I have been somewhat absent as of late. Life, Family, Dogs and Farm have been taking all of my time up. And when I do peek on here, seems to be alot of fighting 

Just wanted to introduce a new breed club to the group.

*International Turkish Guardian Dog Club*

Started by a group of people with some of the Regional Types of imported Turkish Dogs. It is just the start, and will grow with members and input.
Anyone with Turkish LGDs is welcome to join.

Each breed will have a page that members can submit Information, Pictures and links. 
Group effort with input from everone from the Turkish Shepherds to the Rancher or Backyard Farmer is our goal. 

Membership is FREE, and input is welcome.

A Breed Registry is going to be opened, by a friend, within a month just for LGDs. The Registry will allow the unrecognized LGD breeds, and the more common breeds of LGDs that can provide proof of breed and pedigree. But she is working on the software at this point.

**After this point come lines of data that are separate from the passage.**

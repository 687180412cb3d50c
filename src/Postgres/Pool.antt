-- ===== src/Postgres/Pool.antt =====
-- internal/storage/postgres/store.go: `New` with the settings of the pool, `Ping`, `Migrate`, and the
-- notifications. pgx is a parameter.
pub mod Bounds
use hermes_manager.Prelude.{
  ℕ, suc, ◌+◌, ◌-◌, ◌*◌, ◌%◌, ◌^◌, ◌≤◌, ◌<◌, String, Option, none, some, Result, ok, err, Exec,
  Error, wrap, lift, on_error, ◌>>=◌, ◌==◌, ltb, if◌then◌else◌, ◌≡◌, refl, Bool, true, false, not,
  Bool-cases, inl, inr, arith,
}
use hermes_manager.Storage.{ℤ, pos, negsuc, is_positive, is_natural}
use hermes_manager.World.{World}

-- An integer reduced to two's complement with `half` the number of its values: 2 ^ 31 for int32.
abbrev pub signed : ℕ → ℕ → ℤ
signed half n = if ltb n half then pos n else negsuc (half + half - 1 - n)

unfoldable pub wrapped : ℕ → ℤ → ℤ
wrapped half (pos n) = signed half (n % (half + half))
wrapped half (negsuc n) = signed half (half + half - 1 - n % (half + half))

abbrev pub to_int32 : ℤ → ℤ
to_int32 = wrapped (2 ^ 31)

-- A number of units as a `time.Duration`, an int64.
abbrev pub times : ℤ → ℕ → ℤ
times (pos n) k = pos (n * k)
times (negsuc n) k = negsuc ((n + 1) * k - 1)

abbrev pub duration : ℤ → ℕ → ℤ
duration n unit = wrapped (2 ^ 63) (times n unit)

-- `a > b`
abbrev pub greater : ℤ → ℤ → Bool
greater (pos a) (pos b) = ltb b a
greater (pos a) (negsuc b) = true
greater (negsuc a) (pos b) = false
greater (negsuc a) (negsuc b) = ltb a b

-- What the pool's configuration is set to; the durations are in nanoseconds.
pub record PoolSettings : Type 0 where
  pub max_conns : ℤ
  pub min_conns : ℤ
  pub max_conn_lifetime : ℤ
  pub health_check_period : ℤ

abbrev pub number_or : ℤ → Option ℤ → ℤ
number_or fallback none = fallback
number_or fallback (some n) = n

-- The three tests on the numbers of connections.
abbrev pub at_least_one : ℤ → ℤ
at_least_one n = if is_positive n then n else pos 10

abbrev pub not_negative : ℤ → ℤ
not_negative n = if is_natural n then n else pos 2

abbrev pub capped : ℤ → ℤ → ℤ
capped min max = if greater min max then max else min

-- `os.Getenv` and `strconv.Atoi`, `none` for its error.
module _ (getenv : String → String) (atoi : String → Option ℤ) where
  unfoldable pub env_int : String → ℤ → ℤ
  env_int key fallback =
      if getenv key == "" then fallback else number_or fallback (atoi (getenv key))

  unfoldable pub pool_settings : PoolSettings
  pool_settings =
      let max = at_least_one (to_int32 (env_int "PG_MAX_CONNS" (pos 10))) in
      let min = not_negative (to_int32 (env_int "PG_MIN_CONNS" (pos 2))) in
      record {
        max_conns = max;
        min_conns = capped min max;
        max_conn_lifetime = duration (env_int "PG_MAX_CONN_LIFETIME_MINS" (pos 60)) 60000000000;
        health_check_period = duration (env_int "PG_HEALTH_CHECK_SECS" (pos 30)) 1000000000;
      }

-- What the store calls of pgxpool.
pub record Pgx : Type 1 where
  pub Config : Type 0
  pub Pool : Type 0
  pub parse_config : String → Result Config
  pub new_with_config : Config → PoolSettings → Exec World Pool
  pub ping : Pool → Exec World Unit
  pub exec : Pool → String → Exec World Unit
  pub close : Pool → World → World

module _ (pgx : Pgx) where
  -- The first ping of a new pool, which is closed if it fails.
  abbrev pub ready_or_closed : pgx.Pool → Result (Unit {0}) × World → Result pgx.Pool × World
  ready_or_closed pool (ok _, w) = (ok pool, w)
  ready_or_closed pool (err e, w) = (err (wrap "postgres: ping: " e), pgx.close pool w)

  abbrev pub check_pool : pgx.Pool → Exec World pgx.Pool
  check_pool pool w = ready_or_closed pool (pgx.ping pool w)

  unfoldable pub new : PoolSettings → String → Exec World pgx.Pool
  new settings dsn = do
    config ← on_error (wrap "postgres: parse config: ") (lift (pgx.parse_config dsn))
    pool ← on_error (wrap "postgres: connect: ") (pgx.new_with_config config settings)
    check_pool pool

  -- `Migrate`, with what `migrations.FS.ReadFile` gives.
  unfoldable pub migrate : Result String → pgx.Pool → Exec World Unit
  migrate file pool = do
    up_sql ← on_error (wrap "postgres: read migration: ") (lift file)
    on_error (wrap "postgres: run migration: ") (pgx.exec pool up_sql)

  unfoldable pub notify_skills_changed : pgx.Pool → Exec World Unit
  notify_skills_changed pool = pgx.exec pool "SELECT pg_notify('skills_changed', '')"

  unfoldable pub notify_policies_changed : pgx.Pool → Exec World Unit
  notify_policies_changed pool = pgx.exec pool "SELECT pg_notify('policies_changed', '')"
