-- ===== src/Postgres/Pool/Bounds.antt =====
-- internal/storage/postgres/store.go: the bounds of the settings of the pool.
use hermes_manager.Prelude.{
  ℕ, ◌^◌, ◌≤◌, ◌<◌, String, ◌≡◌, refl, Option, ltb, Bool-cases, inl, inr, arith,
}
use hermes_manager.Storage.{ℤ, pos, negsuc}
use hermes_manager.Postgres.Pool.{
  PoolSettings, signed, wrapped, to_int32, env_int, at_least_one, not_negative, capped,
  pool_settings,
}

signed-below : (half n m : ℕ) → signed half n ≡ pos m → m < half
signed-below half n m h = elim (Bool-cases (ltb n half)) [
  | inl low ↦ let e : pos n ≡ pos m = rw (low) at h in ground (arith, low)
  | inr high ↦ cc (rw (high) at h)
]

to_int32-below : (n : ℤ) (m : ℕ) → to_int32 n ≡ pos m → m < 2 ^ 31
unfolding wrapped
to_int32-below (pos n) m h = signed-below (2 ^ 31) _ m h
to_int32-below (negsuc n) m h = signed-below (2 ^ 31) _ m h

at_least_one-bounds :
    (n : ℤ)
    → ((m : ℕ) → n ≡ pos m → m < 2 ^ 31)
    → (m : ℕ) × (at_least_one n ≡ pos m) × (1 ≤ m) × (m < 2 ^ 31)
at_least_one-bounds (pos n) small = elim (Bool-cases (ltb 0 n)) [
  | inl positive ↦ (n, rw (positive) refl, ground arith, small n refl)
  | inr none ↦ (10, rw (none) refl, omega arith, omega arith)
]
at_least_one-bounds (negsuc n) small = (10, refl, omega arith, omega arith)

natural : (n : ℤ) → (m : ℕ) × (not_negative n ≡ pos m)
natural (pos n) = (n, refl)
natural (negsuc n) = (2, refl)

capped-bounds : (min max : ℕ) → (m : ℕ) × (capped (pos min) (pos max) ≡ pos m) × (m ≤ max)
capped-bounds min max = elim (Bool-cases (ltb max min)) [
  | inl above ↦ (max, rw (above) refl, omega arith)
  | inr below ↦ (min, rw (below) refl, ground arith)
]

-- At least one connection, and a minimum that is not negative and not above the maximum.
pub record IsBounded (s : PoolSettings) : Type 0 where
  pub max : ℕ
  pub min : ℕ
  pub is_max : s.max_conns ≡ pos max
  pub is_min : s.min_conns ≡ pos min
  pub one : 1 ≤ max
  pub ordered : min ≤ max
  pub small : max < 2 ^ 31

-- Whatever the environment holds, numbers outside int32 and texts that are no numbers included, the
-- pool of `New` allows between one and 2 ^ 31 - 1 connections, and keeps a minimum between zero and
-- that maximum.
pub pool_settings-IsBounded :
    (getenv : String → String) (atoi : String → Option ℤ) → IsBounded (pool_settings getenv atoi)
unfolding pool_settings
pool_settings-IsBounded getenv atoi =
    let asked = to_int32 (env_int getenv atoi "PG_MAX_CONNS" (pos 10)) in
    let (max, is_max, one, small) = at_least_one-bounds asked (to_int32-below _) in
    let (floor, is_floor) = natural (to_int32 (env_int getenv atoi "PG_MIN_CONNS" (pos 2))) in
    let (min, is_min, ordered) = capped-bounds floor max in
    record {
      max = max;
      min = min;
      is_max = is_max;
      is_min = rw (is_max, is_floor) is_min;
      one = one;
      ordered = ordered;
      small = small;
    }
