-- ===== src/Main.antt =====
-- cmd/hermesmanager/main.go: how `main` puts the program together, up to the handler that it serves.
-- `log.Fatal` is the error that it logs. The flags, the logger, and the serving and the shutdown of
-- the HTTP server are left out.
pub mod Guarded
use hermes_manager.Prelude.{
  String, Option, none, some, List, Result, ok, err, Exec, pure, lift, ◌>>=◌, ◌>>◌, ◌==◌, Bool,
  if◌then◌else◌,
}
use hermes_manager.Storage.{ℤ}
use hermes_manager.World.{World}
use hermes_manager.Policy.{Rule, Engine, PolicyFile, new_engine}
use hermes_manager.Postgres
use hermes_manager.Postgres.{ping}
use hermes_manager.Postgres.Pool.{Pgx, pool_settings, migrate}
use hermes_manager.Postgres.Pool as Pool
use hermes_manager.Runtime.{Factory, Runtime, build}
use hermes_manager.Scheduler.{new_scheduler}
use hermes_manager.Skills.{Files, load_from_dir}
use hermes_manager.Api.Server.{Library, new_server}
use hermes_manager.Api.Auth.{Handler}
use hermes_manager.Api.Routes.{Http, handler, new_router}

-- What `main` reads and calls outside of the repository's code.
pub record Environment : Type 1 where
  pub getenv : String → String
  pub http : Http
  pub lib : Library
  pub pgx : Pgx
  -- the file "001_init.up.sql" that is embedded
  pub migration : Result String
  pub files : Files
  -- `os.Stat` has no error
  pub exists : String → Bool
  pub read_rules : String → PolicyFile
  -- what the drivers' `init` functions have registered
  pub registry : List (String × Factory World)

module _ (env : Environment) where
  abbrev pub env_or : String → String → String
  env_or key fallback = if env.getenv key == "" then fallback else env.getenv key

  unfoldable pub seed_skills : Exec World Unit
  seed_skills w =
      let dir = env_or "HERMESMANAGER_SKILLS_DIR" "/etc/hermesmanager/skills" in
      if env.exists dir
      then (ok tt, (load_from_dir env.files Postgres.store dir w).1)
      else (ok tt, w)

  abbrev pub rules_of_engine : Result Engine → Result (Option (List Rule))
  rules_of_engine (ok e) = ok (some e.rules)
  rules_of_engine (err e) = err e

  unfoldable pub load_policy : String → Result (Option (List Rule))
  load_policy file =
      if file == "" then ok none else rules_of_engine (new_engine env.read_rules file)

  abbrev pub api_handler : Option (List Rule) → List (String × Runtime World) → Handler
  api_handler pol runtimes =
      handler env.http env.lib
        (new_server Postgres.store (some (new_scheduler runtimes Postgres.store)) pol) ping
        (env.getenv "HERMESMANAGER_API_TOKEN")

  unfoldable pub start_with : String → Exec World Handler
  start_with db_url = do
    pool ← Pool.new env.pgx (pool_settings env.getenv env.lib.atoi) db_url
    migrate env.pgx env.migration pool
    seed_skills
    pol ← lift (load_policy (env_or "HERMESMANAGER_POLICY_FILE" ""))
    runtimes ← build env.registry
    pure (api_handler pol runtimes)

  -- The choice between the API and the stubs.
  abbrev pub start_by : String → Exec World Handler
  start_by db_url = if db_url == "" then pure (new_router env.http) else start_with db_url

  unfoldable pub start : Exec World Handler
  start = start_by (env_or "DATABASE_URL" "")
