-- ===== src/Main/Guarded.antt =====
-- cmd/hermesmanager/main.go: the policy of a program that has started.
use hermes_manager.World.{World}
use hermes_manager.Postgres.Pool as Pool
use hermes_manager.Runtime.{Runtime}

A link will be placed on the Turkish Dog Club site when the Registry is up and running. 

Thank You Everyone
Brian Peckinpaugh


----------



## horsepoor21 (Mar 14, 2007)

I'm excited !


----------



## jersey girl (Nov 21, 2005)

Thanks Brian! Your dogs are amazing. I hope to own a turkish breed lgd one day. I will join your registry the next. Good luck


----------



## glasshousegoats (Mar 30, 2012)

Hi, Bob here on my daughter's user name. I have Kangals and a Kangal/Malak type dog from Boz kennel. Couldn't be happier with them as working dogs and buddies. 6 dogs for a herd of 70+ goats and growing. I have socialized my dogs only with my "house dogs". If they see another dog near premises, well, I'm glad I have three layers of electric fence.


----------



## MonsterMalak (Apr 15, 2011)

Hello Bob. I am biased,,,,haha. But I am also spoiled to the Kangals and Boz. Just seem so easy to train to the livestock compared to all the other types and crosses over the years. 

Good Luck. I am going to post on a Kangal Female that needs rehoming, and is free.


----------